In the meantime, as mentioned in a recent OAPEN/DOAB blog post,[5] the Penn State University Libraries has collaborated with OAPEN to make good-quality MARC records for its entire corpus of nearly 30,000 titles freely available as Open Access under a CC license via its institutional repository. This effort, and platforms like Thoth, are important initial steps toward building an infrastructure for the creation, maintenance, curation, and sharing of metadata in alignment with the principles of Open Access: good metadata should be made available as early as possible in the research and publication process, it should be Open Access itself (i.e. both free of cost and freely sharable), and the Open Access nature of the resources the metadata describes should be explicitly stated.

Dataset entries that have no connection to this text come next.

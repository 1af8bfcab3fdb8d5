-- ===== src/Signing.antt =====
-- internal/signing/signing.go: snapshots are signed, raw or in a canonical form, and verified. The
-- libraries' signatures, hashes, encodings and parsers are parameters. Times are instants here, which
-- `normalizeGraphTimes` does not change.
pub mod Identity
pub mod RoundTrip
pub mod Identified
pub mod Consistent
pub mod Shown
use ai_evidence_bom.Prelude.{
  ℕ, ◌+◌, Bool, true, false, not, ◌&&◌, ◌||◌, List, [], ◌∷◌, ◌++◌, Option, none, some,
  if◌then◌else◌, is_empty, any, Result, failed, done, unless, or_fail, ◌>>=◌,
}
use ai_evidence_bom.Text.{Text, codes, text_eq}
use ai_evidence_bom.Time.{Instant, zero_time}
use ai_evidence_bom.Platform.{hex_encode}
use ai_evidence_bom.Model.Graph.{Graph, Node}
use ai_evidence_bom.Model.Canonicalize.{canonicalize}
use ai_evidence_bom.Signing.Identity.{Problem, validate_graph_identity}

-- A payload, key or signature.
abbrev pub Bytes : Type 0
Bytes = List ℕ

abbrev pub raw_envelope_version : Text
raw_envelope_version = codes "0.1.0"

abbrev pub canonical_envelope_version_v1 : Text
canonical_envelope_version_v1 = codes "0.2.0"

abbrev pub canonical_envelope_version_v2 : Text
canonical_envelope_version_v2 = codes "0.3.0"

abbrev pub canonical_payload_type : Text
canonical_payload_type = codes "aiebom-evidence-graph"

abbrev pub canonicalization_evidence_v1 : Text
canonicalization_evidence_v1 = codes "aiebom-evidence-v1+jcs-rfc8785"

abbrev pub canonicalization_evidence_v2 : Text
canonicalization_evidence_v2 = codes "aiebom-evidence-v2+jcs-rfc8785"

-- The parts of a signature domain, each closed by a zero byte.
abbrev pub signature_domain : (version canonicalization : Text) → Bytes
signature_domain version canonicalization =
    codes "AI Evidence BOM canonical signature"
    ++ 0
      ∷ (codes "v" ++ version ++ 0 ∷ (canonical_payload_type ++ 0 ∷ (canonicalization ++ 0 ∷ [])))

abbrev pub canonical_signature_domain_v1 : Bytes
canonical_signature_domain_v1 =
    signature_domain canonical_envelope_version_v1 canonicalization_evidence_v1

abbrev pub canonical_signature_domain_v2 : Bytes
canonical_signature_domain_v2 =
    signature_domain canonical_envelope_version_v2 canonicalization_evidence_v2

pub record Envelope : Type 0 where
  pub version : Text
  pub algorithm : Text
  pub payload_type : Text
  pub canonicalization : Text
  pub created_at : Instant
  pub payload_digest : Text
  pub public_key_fingerprint : Text
  pub signature : Text

-- What `x509` makes of the bytes of a key: an Ed25519 key, a key of another kind, or an error.
pub data Parsed : Type 0 where
  unparsed : Parsed
  another_kind : Parsed
  ed25519 : Bytes → Parsed

-- What follows the first value in a JSON input.
pub data Ending : Type 0 where
  end_of_input : Ending
  another_value : Ending
  trailing_text : Ending

-- What the code takes from its libraries. `decode_graph` refuses unknown fields.
pub record Libraries : Type 0 where
  pub pem_decode : Bytes → Option Bytes
  pub parse_private : Bytes → Parsed
  pub parse_public : Bytes → Parsed
  pub public_of : (private : Bytes) → Bytes
  pub sign_message : (private message : Bytes) → Bytes
  pub verify_message : (public message signature : Bytes) → Bool
  pub sha256 : Bytes → Bytes
  pub base64_encode : Bytes → Text
  pub base64_decode : Text → Option Bytes
  pub utf8_valid : Bytes → Bool
  pub jcs_transform : Bytes → Option Bytes
  pub decode_graph : Bytes → Option (Graph × Ending)
  pub encode_graph : Graph → Option Bytes
  pub copy_node : Node → Option Node

pub data Error : Type 0 where
  unsupported_algorithm : Text → Error
  raw_with_metadata : Error
  unsupported_payload_type : Text → Error
  unsupported_canonicalization : Text → Error
  unsupported_version : Text → Error
  not_utf8 : Error
  invalid_jcs : Error
  cannot_decode : Error
  multiple_values : Error
  trailing_json : Error
  invalid_graph : Problem → Error
  v1_with_field_evidence : Error
  cannot_encode : Error
  cannot_canonicalize : Error
  no_pem_block : Error
  cannot_parse_key : Error
  not_ed25519 : Error
  digest_mismatch : Error
  fingerprint_mismatch : Error
  undecodable_signature : Error
  invalid_signature : Error

unfoldable pub require_json_eof : Ending → Option Error
require_json_eof end_of_input = none
require_json_eof another_value = some multiple_values
require_json_eof trailing_text = some trailing_json

unfoldable pub canonical_signature_message_v1 : (canonical : Bytes) → Bytes
canonical_signature_message_v1 canonical = canonical_signature_domain_v1 ++ canonical

unfoldable pub canonical_signature_message_v2 : (canonical : Bytes) → Bytes
canonical_signature_message_v2 canonical = canonical_signature_domain_v2 ++ canonical

abbrev pub has_claims : Node → Bool
has_claims n = not (is_empty n.field_evidence)

abbrev pub identity_error : Option Problem → Option Error
identity_error none = none
identity_error (some problem) = some (invalid_graph problem)

abbrev pub envelope_of : (version payload_type canonicalization : Text) → Envelope
envelope_of version payload_type canonicalization = record {
  version = version;
  algorithm = [];
  payload_type = payload_type;
  canonicalization = canonicalization;
  created_at = zero_time;
  payload_digest = [];
  public_key_fingerprint = [];
  signature = [];
}

module _ (lib : Libraries) where
  -- The bytes of a decoded graph.
  unfoldable pub canonical_graph : (allow_field_evidence : Bool) → Graph → Result Error Bytes
  canonical_graph allow graph =
      unless (identity_error (validate_graph_identity lib.copy_node graph)) (
        if not allow && any has_claims graph.nodes
        then failed v1_with_field_evidence
        else or_fail cannot_encode (lib.encode_graph (canonicalize graph)) >>= λ encoded.
            or_fail cannot_canonicalize (lib.jcs_transform encoded))

  -- `canonicalizeEvidence`, and with `true` `CanonicalizeEvidence`.
  unfoldable pub canonical_bytes :
      (payload : Bytes) (allow_field_evidence : Bool) → Result Error Bytes
  unfolding require_json_eof
  canonical_bytes payload allow =
      if not (lib.utf8_valid payload)
      then failed not_utf8
      else or_fail invalid_jcs (lib.jcs_transform payload) >>= (λ ignored.
        or_fail cannot_decode (lib.decode_graph payload)
        >>= (λ decoded. unless (require_json_eof decoded.1) (canonical_graph allow decoded.0)))

  abbrev pub key_of : Parsed → Result Error Bytes
  key_of unparsed = failed cannot_parse_key
  key_of another_kind = failed not_ed25519
  key_of (ed25519 key) = done key

  unfoldable pub parse_private_key : Bytes → Result Error Bytes
  parse_private_key pem =
      or_fail no_pem_block (lib.pem_decode pem) >>= (λ block. key_of (lib.parse_private block))

  unfoldable pub parse_public_key : Bytes → Result Error Bytes
  parse_public_key pem =
      or_fail no_pem_block (lib.pem_decode pem) >>= (λ block. key_of (lib.parse_public block))

  abbrev pub digest_of : Bytes → Text
  digest_of bytes = codes "sha256:" ++ hex_encode (lib.sha256 bytes)

  -- `sign`, on an envelope that declares a profile.
  unfoldable pub sign :
      (payload message private_pem : Bytes) (created_at : Instant)
      → Envelope
      → Result Error Envelope
  sign payload message private_pem created_at envelope =
      parse_private_key private_pem >>= (λ private. done (record envelope {
        algorithm = codes "ed25519";
        created_at = created_at;
        payload_digest = digest_of payload;
        public_key_fingerprint = digest_of (lib.public_of private);
        signature = lib.base64_encode (lib.sign_message private message);
      }))

  -- `Sign`.
  unfoldable pub sign_raw :
      (payload private_pem : Bytes) (created_at : Instant) → Result Error Envelope
  sign_raw payload private_pem created_at =
      sign payload payload private_pem created_at (envelope_of raw_envelope_version [] [])

  unfoldable pub sign_canonical_evidence :
      (payload private_pem : Bytes) (created_at : Instant) → Result Error Envelope
  sign_canonical_evidence payload private_pem created_at =
      canonical_bytes payload true >>= (λ canonical.
        sign canonical (canonical_signature_message_v2 canonical) private_pem created_at (
          envelope_of canonical_envelope_version_v2 canonical_payload_type
            canonicalization_evidence_v2))

  -- What both canonical cases of `verificationPayload` do.
  unfoldable pub canonical_verification :
      (allow : Bool) (canonicalization : Text) (message_of : Bytes → Bytes) (payload : Bytes)
      → Envelope
      → Result Error (Bytes × Bytes)
  canonical_verification allow canonicalization message_of payload envelope =
      if not (text_eq envelope.payload_type canonical_payload_type)
      then failed (unsupported_payload_type envelope.payload_type)
      else if not (text_eq envelope.canonicalization canonicalization)
      then failed (unsupported_canonicalization envelope.canonicalization)
      else canonical_bytes payload allow >>= (λ canonical. done (canonical, message_of canonical))

  -- `verificationPayload`: the bytes that the digest covers, and those that the signature does.
  unfoldable pub verification_payload : (payload : Bytes) → Envelope → Result Error (Bytes × Bytes)
  verification_payload payload envelope =
      if text_eq envelope.version raw_envelope_version
      then if not (is_empty envelope.payload_type) || not (is_empty envelope.canonicalization)
        then failed raw_with_metadata
        else done (payload, payload)
      else if text_eq envelope.version canonical_envelope_version_v1
      then canonical_verification false canonicalization_evidence_v1 canonical_signature_message_v1
          payload envelope
      else if text_eq envelope.version canonical_envelope_version_v2
      then canonical_verification true canonicalization_evidence_v2 canonical_signature_message_v2
          payload envelope
      else failed (unsupported_version envelope.version)

  -- The checks of `Verify` once the payload and the key are known.
  unfoldable pub check_signature : (verified message public : Bytes) → Envelope → Option Error
  check_signature verified message public envelope =
      if not (text_eq envelope.payload_digest (digest_of verified))
      then some digest_mismatch
      else if not (text_eq envelope.public_key_fingerprint (digest_of public))
      then some fingerprint_mismatch
      else elim (lib.base64_decode envelope.signature) [
        | none ↦ some undecodable_signature
        | some signature ↦
            if lib.verify_message public message signature then none else some invalid_signature
      ]

  -- `Verify`: the error, if any.
  unfoldable pub verify : (payload : Bytes) → Envelope → (public_pem : Bytes) → Option Error
  unfolding check_signature
  verify payload envelope public_pem =
      if not (text_eq envelope.algorithm (codes "ed25519"))
      then some (unsupported_algorithm envelope.algorithm)
      else elim (verification_payload payload envelope) [
        | failed error ↦ some error
        | done bytes ↦ elim (parse_public_key public_pem) [
          | failed error ↦ some error
          | done public ↦ check_signature bytes.0 bytes.1 public envelope
        ]
      ]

As authors, researchers, libraries, funding agencies, and other interested stakeholders work to push the scholarly communications ecosystem toward greater openness and equity, open metadata will be a crucial component of their shared endeavor.
[1] https://www.loc.gov/aba/pcc/scs/documents/PN-RDA-Combined.pdf
[2] https://www.loc.gov/marc/bibliographic/bd856.html
[3] For more on Thoth metadata and the rationale behind it, see https://copim.pubpub.org/pub/open-metadata-thoth/release/1
[4] See https://www.youtube.com/watch?v=DiEZI_3Ksmg for a walk-through of the Thoth metadata module
[5] https://www.oapen.org/blog/?link=https%3A%2F%2Foapen.hypotheses.org%2F706
Header image by Alina Grubnyak on Unsplash.
This work is licensed under a Creative Commons Attribution 4.0 International License.
This is really interesting, thank you. As a Commissioning Editor and publisher I don’t fully understand how metadata is applied by librarians in practice, so this is very insightful.
Thanks Sarah! Glad this post was useful.